I nodded. I’d heard that one before, of course, many times, and had a stock answer. ‘Erich’s actions were his own to account for,’ I said. ‘For whatever reason, he chose me as his confidant and never once suggested that our conversations were supposed to remain private. I was free to use them in any way I chose. You must remember that when Erich and I originally met I knew nothing about what had happened during the war. I had never even heard the name of Oskar Gött. I simply made the man’s acquaintance and one thing, as they say, led to another. It wasn’t a set-up. I can hardly be blamed if he revealed things to me that, later on, he came to regret saying.’

His trusty notebook was out again and he was scribbling away.

‘So you felt no guilt about what happened to him?’ he asked.

‘Not particularly, no,’ I said, frowning. ‘Why, do you think I should have?’

‘There are those who say that you deliberately targeted Ackermann. And that if it hadn’t been that story, then it would have been another. That he was doomed from the moment he met you. Is that unfair?’

‘Totally unfair,’ I said, feeling a little unsettled by the accusatory tone he was taking. ‘He was a grown man, after all. He could have walked away from me at any time but he chose not to. The fact was, Erich Ackermann was in love with me.’

He stopped writing for a moment and looked up.

‘He told you this?’ he asked.

‘Not in so many words, no,’ I admitted. ‘But it was obvious. He wasn’t very good at hiding it. The poor man had tied himself up in emotional knots over so many decades, cutting off any potential romantic attachments, that when the dam broke, so to speak, he was absolutely incapable of dealing with the subsequent psychological trauma. But I never led him on, if that’s what you’re suggesting.’

‘All right,’ he said.

‘You don’t sound convinced.’

He smiled and shook his head. ‘Sorry, Maurice,’ he said. ‘I’m just trying to get to the heart of the story, that’s all.’
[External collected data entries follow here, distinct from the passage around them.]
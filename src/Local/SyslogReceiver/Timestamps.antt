-- ===== src/Local/SyslogReceiver/Timestamps.antt =====
-- The timestamp that local/syslog_receiver.py gives an event.
use wan_router_notifications.Common.{
  ℕ, ◌+◌, ◌-◌, ◌*◌, ◌≤◌, ◌≡◌, ◌⊎◌, refl, ap, sym, ◌∙◌, true, false, List, [], ◌∷◌, ◌++◌, none, some,
  length, ltb, Bool-cases, inl, inr,
}
use wan_router_notifications.Common.Result.{Result, returned, raised, returned-injective}
use wan_router_notifications.Common.Text.{
  Text, codes, decimal, is_truthy, read_from, read_from-decimal, IsDigits, decimal-IsDigits,
}
use wan_router_notifications.Common.Regex.{total_length, CharClass, match_at}
use wan_router_notifications.Common.Regex.Decides.{AllIn, FitsSome, Fits, match_at-Fits}
use wan_router_notifications.Shared.Clock.{Instant}
use wan_router_notifications.Local.SyslogReceiver.Patterns.{Unicode, is_digit, piece}
use wan_router_notifications.Local.SyslogReceiver.Strings.{
  lstrip, rstrip, strip, digits_value, int_of,
}
use wan_router_notifications.Local.SyslogReceiver.Strptime.{number_at, format_pattern, strptime}
use wan_router_notifications.Local.SyslogReceiver.Reading.{Reads, date_at, strptime-Reads}
use wan_router_notifications.Local.SyslogReceiver.{event_timestamp}

-- the text that is parsed: the current year, a space and the message's time
abbrev pub with_year : Instant → Text → Text
with_year now s = decimal (date_at now).year ++ (codes " " ++ s)

-- A time that was read of the text in the current year, or is the clock's.
abbrev pub Timed : Unicode → Instant → Instant → Text → Instant → Type 0
Timed u now again s t =
    ((strptime u (with_year now s) ≡ raised) × (t ≡ again))
    ⊎ ((strptime u (with_year now s) ≡ returned t)
        × ((date_at t).year ≡ (date_at now).year)
        × ((ps : List Text) × ((match_at (format_pattern u) (with_year now s) ≡ some ps)
              × (total_length ps ≡ length (with_year now s))
              × Reads u ps t)))

-- Two texts that begin with characters of a class and go on with others begin with the same.
same_front :
    (cls : CharClass) (p q : Text) (d e : ℕ) (r s : Text)
    → AllIn cls p
    → AllIn cls q
    → cls d ≡ false
    → cls e ≡ false
    → p ++ d ∷ r ≡ q ++ e ∷ s
    → p ≡ q
same_front cls [] [] d e r s hp hq hd he eq = refl
same_front cls [] (y ∷ q) d e r s hp hq hd he eq = cc
same_front cls (x ∷ p) [] d e r s hp hq hd he eq = cc
same_front cls (x ∷ p) (y ∷ q) d e r s hp hq hd he eq =
    let head : x ≡ y = cc in
    let tail : p ++ d ∷ r ≡ q ++ e ∷ s = cc in
    let rest = same_front cls p q d e r s hp.1 hq.1 hd he tail in cc

four_of :
    (cls : CharClass) (p : Text)
    → FitsSome ((cls ∷ cls ∷ cls ∷ cls ∷ []) ∷ []) p
    → AllIn cls p × (length p ≡ 4)
four_of cls p (inr h) = elim h [ ]
four_of cls [] (inl h) = elim h [ ]
four_of cls (a ∷ []) (inl h) = elim h.1 [ ]
four_of cls (a ∷ b ∷ []) (inl h) = elim h.1.1 [ ]
four_of cls (a ∷ b ∷ c ∷ []) (inl h) = elim h.1.1.1 [ ]
four_of cls (a ∷ b ∷ c ∷ d ∷ []) (inl h) = ((h.0, (h.1.0, (h.1.1.0, (h.1.1.1.0, tt)))), refl)
four_of cls (a ∷ b ∷ c ∷ d ∷ e ∷ p) (inl h) = elim h.1.1.1.1 [ ]

-- What Unicode says of the ASCII digits and of the space.
module _ (u : Unicode) (digits : (c : ℕ) → 48 ≤ c → c ≤ 57 → u.digit_value c ≡ some (c - 48))
    (space : u.is_space 32 ≡ true)
    (no_digit : (c : ℕ) → u.is_space c ≡ true → u.digit_value c ≡ none) where
  space-not_digit : (c : ℕ) → u.is_space c ≡ true → is_digit u c ≡ false
  space-not_digit c h = rw (no_digit c h, is_digit) refl

  digit-not_space : (c : ℕ) → is_digit u c ≡ true → u.is_space c ≡ false
  digit-not_space c h = elim (Bool-cases (u.is_space c)) [
    | inl yes_space ↦ let not_digit = space-not_digit c yes_space in cc
    | inr not_space ↦ not_space
  ]

  IsDigits-AllIn : (y : Text) → IsDigits y → AllIn (is_digit u) y
  IsDigits-AllIn [] h = tt
  IsDigits-AllIn (c ∷ y) h = (rw (digits c h.0 h.1, is_digit) refl, IsDigits-AllIn y h.2)

  rstrip-digits : (y : Text) → AllIn (is_digit u) y → rstrip u y ≡ y
  unfolding rstrip is_truthy
  rstrip-digits [] h = refl
  rstrip-digits (c ∷ []) h = rw (digit-not_space c h.0) refl
  rstrip-digits (c ∷ d ∷ y) h = rw (rstrip-digits (d ∷ y) h.1) refl

  strip-digits : (y : Text) → AllIn (is_digit u) y → strip u y ≡ y
  unfolding strip lstrip
  strip-digits [] h = rstrip-digits [] h
  strip-digits (c ∷ y) h = rw (digit-not_space c h.0) (rstrip-digits (c ∷ y) h)

  digits_value-read_from :
      (acc : ℕ) (y : Text) → IsDigits y → digits_value u acc y ≡ some (read_from acc y)
  unfolding digits_value
  digits_value-read_from acc [] h = refl
  digits_value-read_from acc (c ∷ y) h =
      rw (digits c h.0 h.1, digits_value) (digits_value-read_from (acc * 10 + (c - 48)) y h.2)

  int_of-decimal : (n : ℕ) → length (decimal n) ≡ 4 → int_of u (strip u (decimal n)) ≡ returned n
  unfolding int_of
  int_of-decimal n h =
      let ds = decimal-IsDigits n in
      let short : ltb 4300 (length (decimal n)) ≡ false = rw h refl in
      rw (strip-digits (decimal n) (IsDigits-AllIn (decimal n) ds))
        (rw (short, digits_value-read_from 0 (decimal n) ds, read_from-decimal n) refl)

  -- The first piece of a match is the year that the text begins with.
  year_first :
      (y s : Text) (ps : List Text)
      → IsDigits y
      → Fits (format_pattern u) ps (y ++ 32 ∷ s)
      → (piece 0 ps ≡ y) × (length (piece 0 ps) ≡ 4)
  unfolding format_pattern
  year_first y s [] hy h = elim h [ ]
  year_first y s (p ∷ []) hy (h, (rest, e, fits)) = elim fits [ ]
  year_first y s (p ∷ [] ∷ ps) hy (h, (rest, e, fits)) = elim fits.0 [ ]
  year_first y s (p ∷ (c ∷ q) ∷ ps) hy (h, (rest, e, (white, (rest', e', fits)))) =
      let (all, four) = four_of (is_digit u) p h in
      let text : p ++ c ∷ (q ++ rest') ≡ y ++ 32 ∷ s = ap (λ r. p ++ r) (sym e') ∙ sym e in
      (
        same_front (is_digit u) p y c 32 (q ++ rest') s all (IsDigits-AllIn y hy)
            (space-not_digit c white.0) (space-not_digit 32 space) text,
        four,
      )

  parsed-Timed :
      (now again : Instant) (s : Text) (t : Instant)
      → strptime u (with_year now s) ≡ returned t
      → Timed u now again s t
  parsed-Timed now again s t e =
      let year = (date_at now).year in
      let (ps, (hit, whole, reads)) = strptime-Reads u (with_year now s) t e in
      let fits = match_at-Fits (format_pattern u) (with_year now s) ps hit in
      let (front, four) = year_first (decimal year) s ps (decimal-IsDigits year) fits in
      let read : number_at u 0 ps ≡ returned year =
        ap (λ p. int_of u (strip u p)) front ∙ int_of-decimal year (ap length (sym front) ∙ four) in
      inr (
        e,
        returned-injective (date_at t).year year (sym reads.0 ∙ read),
        (ps, (hit, whole, reads)),
      )

  -- Where the ASCII digits have their values, the space is white, and no white character is a digit:
  -- an event's time is the clock's, read again, where `strptime` raises; else it is what that returns,
  -- it lies in the current year, and the pieces of the whole text are its year, month, day, hour,
  -- minute and second.
  pub timestamp_this_year :
      (now again : Instant) (s : Text) → Timed u now again s (event_timestamp u now again s)
  unfolding event_timestamp
  timestamp_this_year now again s = of_parse (strptime u (with_year now s)) refl
    where
      of_parse :
          (r : Result Instant)
          → strptime u (with_year now s) ≡ r
          → Timed u now again s (elim r [ raised ↦ again | returned t ↦ t ])
      of_parse raised e = inl (e, refl)
      of_parse (returned t) e = parsed-Timed now again s t e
He took off his jacket now, revealing a T-shirt featuring a band that my son Daniel had loved. I stared at the familiar faces that had once adorned a poster in my son’s room.
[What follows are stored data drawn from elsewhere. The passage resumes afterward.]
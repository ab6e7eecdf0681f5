-- ===== src/Local/SyslogReceiver/Priority.antt =====
-- The priority of a message in local/syslog_receiver.py: the only part whose reading may raise.
use mathlib.Core.Path.{subst}
use mathlib.Core.Option
use wan_router_notifications.Common.{
  ℕ, ◌≡◌, refl, sym, ap, ◌∙◌, ◌↔◌, ◌<◌, ◌+◌, ◌*◌, Bool, true, false, List, [], ◌∷◌, Option, none,
  some, arith, length, ltb, Bool-cases, Option-cases, inl, inr,
}
use wan_router_notifications.Common.Result.{Result, returned, raised, ◌>>=◌}
use wan_router_notifications.Common.Text.{Text}
use wan_router_notifications.Common.Regex.{CharClass, Item, match_at}
use wan_router_notifications.Common.Regex.Decides.{AllIn, FitsPlus, FitsItem, Fits, match_at-Fits}
use wan_router_notifications.Shared.Clock.{Instant}
use wan_router_notifications.Local.SyslogReceiver.Patterns.{
  Unicode, is_digit, Groups, piece, groups, syslog_pattern, match_syslog,
}
use wan_router_notifications.Local.SyslogReceiver.Strings.{strip, digits_value, int_of}
use wan_router_notifications.Local.SyslogReceiver.{event_of, parse_syslog_message}

-- the second item of a pattern has the second piece
abbrev SecondFits : List Item → List Text → Type 0
SecondFits (i ∷ j ∷ is) ps = FitsItem j (piece 1 ps)
SecondFits _ ps = Unit {0}

Fits-SecondFits : (is : List Item) (ps : List Text) (s : Text) → Fits is ps s → SecondFits is ps
Fits-SecondFits [] ps s h = tt
Fits-SecondFits (i ∷ []) ps s h = tt
Fits-SecondFits (i ∷ j ∷ is) [] s h = elim h [ ]
Fits-SecondFits (i ∷ j ∷ is) (p ∷ []) s (h, (rest, e, fits)) = elim fits [ ]
Fits-SecondFits (i ∷ j ∷ is) (p ∷ q ∷ qs) s (h, (rest, e, fits)) = fits.0

false-true : ¬ (◌≡◌ {A = Bool} false true)
false-true e = cc

none-some : {A : Type 0} (a : A) → ¬ (◌≡◌ {A = Option A} none (some a))
none-some a e = cc

returned-raised : {A : Type 0} (a : A) → ¬ (◌≡◌ {A = Result A} (returned a) raised)
returned-raised a e = cc

digits_value-some :
    (u : Unicode) (acc : ℕ) (s : Text)
    → AllIn (is_digit u) s
    → (v : ℕ) × (digits_value u acc s ≡ some v)
unfolding digits_value
digits_value-some u acc [] h = (acc, refl)
digits_value-some u acc (c ∷ s) h = elim (Option-cases (u.digit_value c)) [
  | inl miss ↦
      elim (false-true (sym (ap (λ o. elim o [ none ↦ false | some v ↦ true ]) miss) ∙ h.0)) [ ]
  | inr (v, hit) ↦ rw (hit, digits_value) (digits_value-some u (acc * 10 + v) s h.1)
]

FitsPlus-AllIn : (cls : CharClass) (s : Text) → FitsPlus cls s → AllIn cls s
FitsPlus-AllIn cls [] h = elim h [ ]
FitsPlus-AllIn cls (c ∷ s) h = h

match_syslog-digits :
    (u : Unicode) (s : Text) (g : Groups)
    → match_syslog u s ≡ some g
    → AllIn (is_digit u) g.priority
unfolding match_syslog syslog_pattern groups
match_syslog-digits u s g e = elim (Option-cases (match_at (syslog_pattern u) s)) [
  | inl miss ↦ elim (none-some g (sym (ap (Option.map groups) miss) ∙ e)) [ ]
  | inr (ps, hit) ↦
      let fits = match_at-Fits (syslog_pattern u) s ps hit in
      let same = Option.some-injective (groups ps) g (sym (ap (Option.map groups) hit) ∙ e) in
      subst (λ q. AllIn (is_digit u) q.priority) same
        (FitsPlus-AllIn (is_digit u) (piece 1 ps) (Fits-SecondFits (syslog_pattern u) ps s fits))
]

int_of-raised_iff :
    (u : Unicode) (s : Text) → AllIn (is_digit u) s → (int_of u s ≡ raised) ↔ (4300 < length s)
unfolding int_of
int_of-raised_iff u s h =
    let (v, e) = digits_value-some u 0 s h in
    elim (Bool-cases (ltb 4300 (length s))) [
      | inl long ↦ rw long (λ r. ground arith, λ l. refl)
      | inr short ↦
          rw (short, e)
            (λ r. elim (returned-raised v r) [ ], λ l. elim (false-true (ground arith)) [ ])
    ]

-- For every text and instants: the parser raises exactly where the stripped text matches and its
-- priority has more than 4300 digits.
pub parse_raises_iff :
    (u : Unicode) (now again : Instant) (raw : Text)
    → (parse_syslog_message u now again raw ≡ raised)
      ↔ ((g : Groups) × ((match_syslog u (strip u raw) ≡ some g) × (4300 < length g.priority)))
unfolding parse_syslog_message
parse_raises_iff u now again raw = elim (Option-cases (match_syslog u (strip u raw))) [
  | inl miss ↦
      rw miss (λ r. elim (returned-raised none r) [ ], λ (g, (e, long)). elim (none-some g e) [ ])
  | inr (g, hit) ↦
      rw hit (matched g (match_syslog-digits u (strip u raw) g hit) (int_of u g.priority) refl)
]
  where
    matched :
        (g : Groups)
        → AllIn (is_digit u) g.priority
        → (r : Result ℕ) → int_of u g.priority ≡ r
        → (r >>= (λ pri. returned (some (event_of u now again raw g pri))) ≡ raised)
          ↔ ((f : Groups) × ((some g ≡ some f) × (4300 < length f.priority)))
    matched g digits (returned pri) e = (
      λ r. elim (returned-raised _ r) [ ],
      λ (f, (same, long)).
          elim (returned-raised pri (
            sym e
            ∙ (int_of-raised_iff u g.priority digits).1 (
                subst (λ q. 4300 < length q.priority) (sym (Option.some-injective g f same))
                  long))) [ ],
    )
    matched g digits raised e =
        (λ r. (g, (refl, (int_of-raised_iff u g.priority digits).0 e)), λ y. refl)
‘You like them?’ I asked, pointing down at the image.

He glanced down and nodded. ‘Yes,’ he said. ‘Why, do you?’

‘Not really,’ I said. ‘I’m a little too old for bands like that. But my son did.’

He said nothing for a few moments. ‘How intimate can I be with my questions?’ he asked at last.
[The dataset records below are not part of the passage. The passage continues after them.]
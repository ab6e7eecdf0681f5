-- ===== src/Local/SyslogReceiver/Utf8/RoundTrip.antt =====
-- The decoder of Local/SyslogReceiver/Utf8 on encoded texts.
use wan_router_notifications.Common.{
  ℕ, ◌+◌, ◌*◌, ◌/◌, ◌%◌, ◌≤◌, ◌<◌, ◌≡◌, ◌⊎◌, refl, ap, ◌∙◌, List, [], ◌∷◌, ◌++◌, arith, ltb, ◌==◌,
  Bool-cases, inl, inr, if◌then◌else◌,
}
use wan_router_notifications.Common.Text.{Text}
use wan_router_notifications.Local.SyslogReceiver.Utf8.{
  Pending, between_two, within, first_byte, next_byte, decode_from, decode,
}

-- The UTF-8 encoding of a character, and of a text.
abbrev pub encode_character : ℕ → List ℕ
encode_character c =
    if ltb c 128
    then c ∷ []
    else if ltb c 2048
    then (192 + c / 64) ∷ (128 + c % 64) ∷ []
    else if ltb c 65536
    then (224 + c / 4096) ∷ (128 + c / 64 % 64) ∷ (128 + c % 64) ∷ []
    else (240 + c / 262144) ∷ (128 + c / 4096 % 64) ∷ (128 + c / 64 % 64) ∷ (128 + c % 64) ∷ []

abbrev pub encode : Text → List ℕ
encode [] = []
encode (c ∷ s) = encode_character c ++ encode s

-- Every character is one of Unicode, and no surrogate.
abbrev pub AllScalar : Text → Type 0
AllScalar [] = Unit {0}
AllScalar (c ∷ s) = (c < 55296 ⊎ ((57344 ≤ c) × (c < 1114112))) × AllScalar s

first-two : (x : ℕ) → 2 ≤ x → x ≤ 31 → first_byte (192 + x) ≡ ([], within x 1 128 191)
unfolding first_byte
first-two x h1 h2 = ground arith

last-more :
    (v y low high : ℕ)
    → low ≤ 128 + y
    → 128 + y ≤ high
    → next_byte (within v 1 low high) (128 + y) ≡ ((v * 64 + y) ∷ [], between_two)
unfolding next_byte
last-more v y low high h1 h2 = ground arith

next-more :
    (v n y low high : ℕ)
    → low ≤ 128 + y
    → 128 + y ≤ high
    → next_byte (within v (n + 2) low high) (128 + y) ≡ ([], within (v * 64 + y) (n + 1) 128 191)
unfolding next_byte
next-more v n y low high h1 h2 = ground arith

first-three :
    (x y : ℕ)
    → x ≤ 15
    → y < 64
    → 32 ≤ x * 64 + y
    → (x * 64 + y < 864) ⊎ (896 ≤ x * 64 + y)
    → (low : ℕ) × ((high : ℕ) × ((first_byte (224 + x) ≡ ([], within x 2 low high))
          × (low ≤ 128 + y)
          × (128 + y ≤ high)))
unfolding first_byte
first-three x y h1 h2 h3 h4 = elim (Bool-cases (x == 0)) [
  | inl e ↦ (160, (191, (ground arith, ground arith, omega arith)))
  | inr e ↦ elim (Bool-cases (x == 13)) [
    | inl f ↦ (128, (159, (ground arith, omega arith, ground arith)))
    | inr f ↦ (128, (191, (ground arith, omega arith, omega arith)))
  ]
]

first-four :
    (x y : ℕ)
    → y < 64
    → 16 ≤ x * 64 + y
    → x * 64 + y < 272
    → (low : ℕ) × ((high : ℕ) × ((first_byte (240 + x) ≡ ([], within x 3 low high))
          × (low ≤ 128 + y)
          × (128 + y ≤ high)))
unfolding first_byte
first-four x y h2 h3 h4 = elim (Bool-cases (x == 0)) [
  | inl e ↦ (144, (191, (ground arith, ground arith, omega arith)))
  | inr e ↦ elim (Bool-cases (x == 4)) [
    | inl f ↦ (128, (143, (ground arith, omega arith, ground arith)))
    | inr f ↦ (128, (191, (ground arith, omega arith, omega arith)))
  ]
]

decoded :
    (p q : Pending) (b : ℕ) (t : Text) (bytes : List ℕ)
    → next_byte p b ≡ (t, q)
    → decode_from p (b ∷ bytes) ≡ t ++ decode_from q bytes
unfolding decode_from
decoded between_two q b t bytes e = rw e refl
decoded (within v n low high) q b t bytes e = rw e refl

begun :
    (q : Pending) (b : ℕ) (t : Text) (bytes : List ℕ)
    → first_byte b ≡ (t, q)
    → decode_from between_two (b ∷ bytes) ≡ t ++ decode_from q bytes
unfolding next_byte
begun q b t bytes e = decoded between_two q b t bytes e

-- the last byte of a character, and the two and three last ones
one_left :
    (v x low high : ℕ) (rest : List ℕ)
    → low ≤ 128 + x
    → 128 + x ≤ high
    → decode_from (within v 1 low high) ((128 + x) ∷ rest)
      ≡ (v * 64 + x) ∷ decode_from between_two rest
one_left v x low high rest h1 h2 =
    decoded (within v 1 low high) between_two (128 + x) ((v * 64 + x) ∷ []) rest
      (last-more v x low high h1 h2)

two_left :
    (v x y low high : ℕ) (rest : List ℕ)
    → low ≤ 128 + x
    → 128 + x ≤ high
    → y < 64
    → decode_from (within v 2 low high) ((128 + x) ∷ (128 + y) ∷ rest)
      ≡ ((v * 64 + x) * 64 + y) ∷ decode_from between_two rest
two_left v x y low high rest h1 h2 h3 =
    decoded (within v 2 low high) (within (v * 64 + x) 1 128 191) (128 + x) [] ((128 + y) ∷ rest)
      (next-more v 0 x low high h1 h2)
    ∙ one_left (v * 64 + x) y 128 191 rest (omega arith) (omega arith)

three_left :
    (v x y z low high : ℕ) (rest : List ℕ)
    → low ≤ 128 + x
    → 128 + x ≤ high
    → y < 64
    → z < 64
    → decode_from (within v 3 low high) ((128 + x) ∷ (128 + y) ∷ (128 + z) ∷ rest)
      ≡ (((v * 64 + x) * 64 + y) * 64 + z) ∷ decode_from between_two rest
three_left v x y z low high rest h1 h2 h3 h4 =
    decoded (within v 3 low high) (within (v * 64 + x) 2 128 191) (128 + x) []
      ((128 + y) ∷ (128 + z) ∷ rest) (next-more v 1 x low high h1 h2)
    ∙ two_left (v * 64 + x) y z 128 191 rest (omega arith) (omega arith) h4

three_bytes :
    (c : ℕ) (rest : List ℕ)
    → 2048 ≤ c
    → c < 65536
    → (c < 55296) ⊎ (57344 ≤ c)
    → decode_from between_two ((224 + c / 4096) ∷ (128 + c / 64 % 64) ∷ (128 + c % 64) ∷ rest)
      ≡ c ∷ decode_from between_two rest
three_bytes c rest h1 h2 h3 =
    let x = c / 4096 in
    let y = c / 64 % 64 in
    let z = c % 64 in
    let sum : (x * 64 + y) * 64 + z ≡ c = omega arith in
    let room : (x * 64 + y < 864) ⊎ (896 ≤ x * 64 + y) = elim h3 [
      | inl h ↦ inl (omega arith)
      | inr h ↦ inr (omega arith)
    ] in
    let (low, (high, (e, l, h))) = first-three x y (omega arith) (omega arith) (omega arith) room in
    begun (within x 2 low high) (224 + x) [] ((128 + y) ∷ (128 + z) ∷ rest) e
    ∙ (two_left x y z low high rest l h (omega arith)
        ∙ ap (λ v. v ∷ decode_from between_two rest) sum)

four_bytes :
    (c : ℕ) (rest : List ℕ)
    → 65536 ≤ c
    → c < 1114112
    → decode_from between_two
        ((240 + c / 262144) ∷ (128 + c / 4096 % 64) ∷ (128 + c / 64 % 64) ∷ (128 + c % 64) ∷ rest)
      ≡ c ∷ decode_from between_two rest
four_bytes c rest h1 h2 =
    let w = c / 262144 in
    let x = c / 4096 % 64 in
    let y = c / 64 % 64 in
    let z = c % 64 in
    let sum : ((w * 64 + x) * 64 + y) * 64 + z ≡ c = omega arith in
    let (low, (high, (e, l, h))) = first-four w x (omega arith) (omega arith) (omega arith) in
    begun (within w 3 low high) (240 + w) [] ((128 + x) ∷ (128 + y) ∷ (128 + z) ∷ rest) e
    ∙ (three_left w x y z low high rest l h (omega arith) (omega arith)
        ∙ ap (λ v. v ∷ decode_from between_two rest) sum)

decode_from-character :
    (c : ℕ) (rest : List ℕ)
    → (c < 55296) ⊎ ((57344 ≤ c) × (c < 1114112))
    → decode_from between_two (encode_character c ++ rest) ≡ c ∷ decode_from between_two rest
unfolding first_byte
decode_from-character c rest scalar =
    let low_or_high : (c < 55296) ⊎ (57344 ≤ c) = elim scalar [ inl h ↦ inl h | inr h ↦ inr h.0 ] in
    elim (Bool-cases (ltb c 128)) [
      | inl h1 ↦ rw h1 (begun between_two c (c ∷ []) rest (ground arith))
      | inr h1 ↦ elim (Bool-cases (ltb c 2048)) [
        | inl h2 ↦
            let sum : c / 64 * 64 + c % 64 ≡ c = omega arith in
            rw (h1, h2)
              (begun (within (c / 64) 1 128 191) (192 + c / 64) [] ((128 + c % 64) ∷ rest)
                  (first-two (c / 64) (ground arith) (ground arith))
                ∙ (one_left (c / 64) (c % 64) 128 191 rest (omega arith) (omega arith)
                    ∙ ap (λ z. z ∷ decode_from between_two rest) sum))
        | inr h2 ↦ elim (Bool-cases (ltb c 65536)) [
          | inl h3 ↦ rw (h1, h2, h3) (three_bytes c rest (ground arith) (ground arith) low_or_high)
          | inr h3 ↦ rw (h1, h2, h3) (four_bytes c rest (ground arith) (omega arith))
        ]
      ]
    ]

decode_from-nothing : decode_from between_two [] ≡ []
unfolding decode_from
decode_from-nothing = refl

-- Where every character is one of Unicode and no surrogate: the text's encoding is decoded to it.
pub decode-encode : (s : Text) → AllScalar s → decode (encode s) ≡ s
unfolding decode
decode-encode [] h = decode_from-nothing
decode-encode (c ∷ s) h =
    decode_from-character c (encode s) h.0 ∙ ap (λ t. c ∷ t) (decode-encode s h.1)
‘You can ask me anything you like. I don’t mind.’

‘All right. Do you have a girlfriend?’

‘No,’ I said, surprised that he should be interested in my personal instead of my professional life.

‘Are you gay?’

‘No. Why, have I done something to give you the impression that I am?’

‘It doesn’t matter to me one way or the other, you understand,’ he said. ‘I’m just trying to understand you better as a person so I can more clearly contextualize your work.’